A repercussão do caso George Floyd, com atos antirracistas registrados em todos os 50 estados dos Estados Unidos, ganha contexto político importante com o passar dos dias. Com eleições marcadas para novembro, ações durante a crise social reverberam na percepção do eleitorado de seus candidatos. Manifestantes demonstram-se alinhados não apenas na luta por justiça, mas por uma mudança social efetiva no funcionamento do país.
O presidente Donald Trump dobrou a aposta no fator antagonismo. Ele agora volta a vender a imagem das eleições passadas, de candidato da "lei e da ordem", desta vez numa espécie de tentativa de reeditar o que fez o ex-presidente Nixon nos anos 60. Entretanto, em contexto político e socioeconômico distinto.
Trump tem usado as redes sociais para criticar manifestações, exaltando prisões e ameaçando passar por cima da autoridade de prefeitos e governados ao sugerir o envio do Exército aos locais com atos violentos. O presidente chegou a classificar os protestos como "atos de terrorismo doméstico" e criticou governadores e prefeitos, dentre eles o governador democrata de Nova York, Andrew Cuomo, que recusou ajuda federal.
Cleyton Monte, professor do Laboratório de estudos sobre Eleições, Política e Mídia (Lepem-UFC), avalia que os atos enfraquecem Trump a partir do momento em que transcendem o movimento negro. "Os protestos tornaram-se uma grande corrente de opinião. Negros, brancos, latinos e outras etnias uniram-se em torno de uma pauta. Quando isso ocorre, politicamente existem dois caminhos, ou você modera e concilia ou se coloca como opositor. Está claro que Trump optou pela segunda opção", afirma.
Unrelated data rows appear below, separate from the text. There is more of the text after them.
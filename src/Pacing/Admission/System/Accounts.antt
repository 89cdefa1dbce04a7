-- ===== src/Pacing/Admission/System/Accounts.antt =====
-- The counters of one origin of crates/erabi-crawler/src/pacing.rs agree with its live permits and
-- waiting tasks, whatever the interleaving.
use erabi.Base.{
  ℕ, ◌+◌, ◌≤◌, ◌<◌, ◌≡◌, Bool, true, false, Option, none, some, Result, ok, err, List, [], ◌∷◌,
  arith, All, u32_max,
}
use erabi.Pacing.{
  Duration, Instant, PacingOutcome, AdmissionError, OriginPacingState, least, lower,
  effective_concurrency, normalize_expired_safety, latest_deadline, remove_registration,
  add_registration, release_registration, register_waiter, release_waiter, release, record_outcome,
}
use erabi.Pacing.Admission.{
  AdmissionAttempt, acquired, wait_until, wait_for_permit, Attempt, inspect, attempt, conclude,
  iterate,
}
use erabi.Pacing.Admission.System.{
  System, start, lost_by, after, Step, tick, register, unregister, enter, wait, record_evidence,
  finish, inspect_for_retirement, Reach, here, next,
}

pub record IsAccounted (s : System) : Type 0 where
  pub flights : s.state.in_flight ≡ s.permits + s.lost
  pub waiting : s.state.waiting_admissions ≡ s.waiters
  pub few : s.waiters ≤ u32_max
  pub caps : All (λ r. r.1 ≤ u32_max) s.state.registrations

-- The requests that an attempt adds to those in flight.
abbrev gain : Result AdmissionAttempt AdmissionError → ℕ
gain (ok acquired) = 1
gain (ok _) = 0
gain (err e) = lost_by e

-- Counters that an attempt leaves alone, and the one that it raises.
record Counts (s : OriginPacingState) (a : Attempt) : Type 0 where
  flights : a.0.in_flight ≡ s.in_flight + gain a.1
  waiting : a.0.waiting_admissions ≡ s.waiting_admissions
  registrations : a.0.registrations ≡ s.registrations

abbrev IsCapped : Option ℕ → Type 0
IsCapped none = Unit
IsCapped (some c) = c ≤ u32_max

IsCapped-lower : (c : ℕ) (o : Option ℕ) → c ≤ u32_max → IsCapped o → IsCapped (lower c o)
IsCapped-lower c none h k = h
IsCapped-lower c (some m) h k = omega arith

IsCapped-least : (rs : List (ℕ × ℕ)) → All (λ r. r.1 ≤ u32_max) rs → IsCapped (least rs)
unfolding least
IsCapped-least [] h = tt
IsCapped-least ((i, c) ∷ rs) h = IsCapped-lower c (least rs) h.0 (IsCapped-least rs h.1)

inspect-Counts :
    (s : OriginPacingState) (o : Option ℕ) (b : Option Instant) (d now : ℕ)
    → IsCapped o
    → Counts s (inspect s o b d now)
inspect-Counts s none b d now h = ground arith
inspect-Counts s (some c) none d now h = ground arith
inspect-Counts s (some c) (some b) d now h = ground arith

attempt-Counts :
    (s : OriginPacingState) (d now : ℕ)
    → All (λ r. r.1 ≤ u32_max) s.registrations
    → Counts s (attempt s d now)
unfolding attempt effective_concurrency normalize_expired_safety
attempt-Counts s d now h =
    let t = normalize_expired_safety s now in
    let c =
      inspect-Counts t (least s.registrations) (latest_deadline t) d now
        (IsCapped-least s.registrations h) in
    record { flights = c.flights; waiting = c.waiting; registrations = c.registrations }

conclude-IsAccounted :
    (s : System) (a : Attempt)
    → IsAccounted s
    → 0 < s.waiters
    → Counts s.state a
    → IsAccounted (after s (conclude a))
unfolding release_waiter
conclude-IsAccounted s (t, ok acquired) h w c = ground arith
conclude-IsAccounted s (t, ok (wait_until d)) h w c = ground arith
conclude-IsAccounted s (t, ok wait_for_permit) h w c = ground arith
conclude-IsAccounted s (t, err e) h w c = ground arith

iterate-IsAccounted :
    (s : System) (cancelled : Bool) (d : Duration)
    → IsAccounted s
    → 0 < s.waiters
    → IsAccounted (after s (iterate s.state cancelled d s.now))
unfolding iterate release_waiter
iterate-IsAccounted s true d h w = ground arith
iterate-IsAccounted s false d h w =
    conclude-IsAccounted s (attempt s.state d s.now) h w (attempt-Counts s.state d s.now h.caps)

remove-caps :
    (id : ℕ) (rs : List (ℕ × ℕ))
    → All (λ r. r.1 ≤ u32_max) rs
    → All (λ r. r.1 ≤ u32_max) (remove_registration id rs)
unfolding remove_registration
remove-caps id [] h = tt
remove-caps id ((j, c) ∷ rs) h = ground (arith, remove-caps id rs h.1)

-- Recording evidence touches the deadlines and the rate-limit count only.
record_outcome_keeps :
    (s : OriginPacingState) (o : PacingOutcome) (now : Instant)
    → ((record_outcome s o now).0.in_flight ≡ s.in_flight)
      × ((record_outcome s o now).0.waiting_admissions ≡ s.waiting_admissions)
      × ((record_outcome s o now).0.registrations ≡ s.registrations)
unfolding record_outcome
record_outcome_keeps s o now = ground arith

Step-IsAccounted : {s t : System} → Step s t → IsAccounted s → IsAccounted t
unfolding add_registration release_registration register_waiter release normalize_expired_safety
Step-IsAccounted (tick s t l) h = ground arith
Step-IsAccounted (register s id c l) h = record {
  flights = h.flights;
  waiting = h.waiting;
  few = h.few;
  caps = (l, remove-caps id s.state.registrations h.caps);
}
Step-IsAccounted (unregister s id) h = record {
  flights = h.flights;
  waiting = h.waiting;
  few = h.few;
  caps = remove-caps id s.state.registrations h.caps;
}
Step-IsAccounted (enter s l) h = ground arith
Step-IsAccounted (wait s cancelled d w) h = iterate-IsAccounted s cancelled d h w
Step-IsAccounted (record_evidence s o p) h =
    let k = record_outcome_keeps s.state o s.now in ground (arith, k)
Step-IsAccounted (finish s p) h = ground arith
Step-IsAccounted (inspect_for_retirement s) h = ground arith

-- From the empty state of an origin, every interleaving of registrations, waits, cancellations,
-- evidence and releases keeps the in-flight count equal to the live permits plus the slots lost to
-- a clock overflow, and the waiter count equal to the waiting tasks.
pub Reach-IsAccounted : (now : Instant) {s : System} → Reach (start now) s → IsAccounted s
Reach-IsAccounted now here = omega arith
Reach-IsAccounted now (next r st) = Step-IsAccounted st (Reach-IsAccounted now r)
A escolha de Trump não é à toa. Ao adotar tal estratégia, ele sinaliza para o seu eleitorado, composto majoritariamente por brancos, conservadores, fundamentalistas e do interior americano, que defende os mesmos valores pregados por estes grupos.
Entretanto, o presidente tem demonstrado pouca habilidade para cumprir o papel de conciliador que espera=se dele durante a crise; muito porque Trump praticamente não precisou lidar com elas. Apesar de vivenciar anos com bons indicadores econômicos, sua gestão agora enfrenta adversidades em frentes distintas, o que põe em xeque a atuação de Trump perante eleitores mais moderados de estados que alternam votos a cada eleição.
Uma pesquisa Reuters/Ipsos realizada na última terça-feira apontou que 64% da população adulta simpatiza com os protestos, enquanto 27% disseram que não e 9% não souberam responder. Além disso, mostrou que mais de 55% da população reprova a forma como Trump lida com as manifestações enquanto apenas um terço aprova.
Outro fator a ser considerado no atual contexto é o desemprego. Mais de 40 milhões de pessoas solicitaram o seguro-desemprego no país desde março e grande parte daqueles que estão sem ocupação faz parte da comunidade negra, amplamente mais afetada, se comparada aos brancos, tanto economicamente quanto em questões de acesso a saúde durante a pandemia. A desigualdade estrutural faz dos atos a oportunidade de ter voz. Os protestos antirracismo podem ser o estopim de outras demandas populares.
O maior trunfo de Trump até aqui, parece ser a incapacidade que democratas têm tido de capitalizar os protestos a seu favor. Monte destaca que "historicamente os negros tiveram apoio dos democratas no país, mas eles não conseguem transformar essa corrente de opinião em algo que possa ser levado até a eleição e que se torne uma bandeira contra o presidente e sua forma de agir. Democratas não encontraram o tom", finaliza.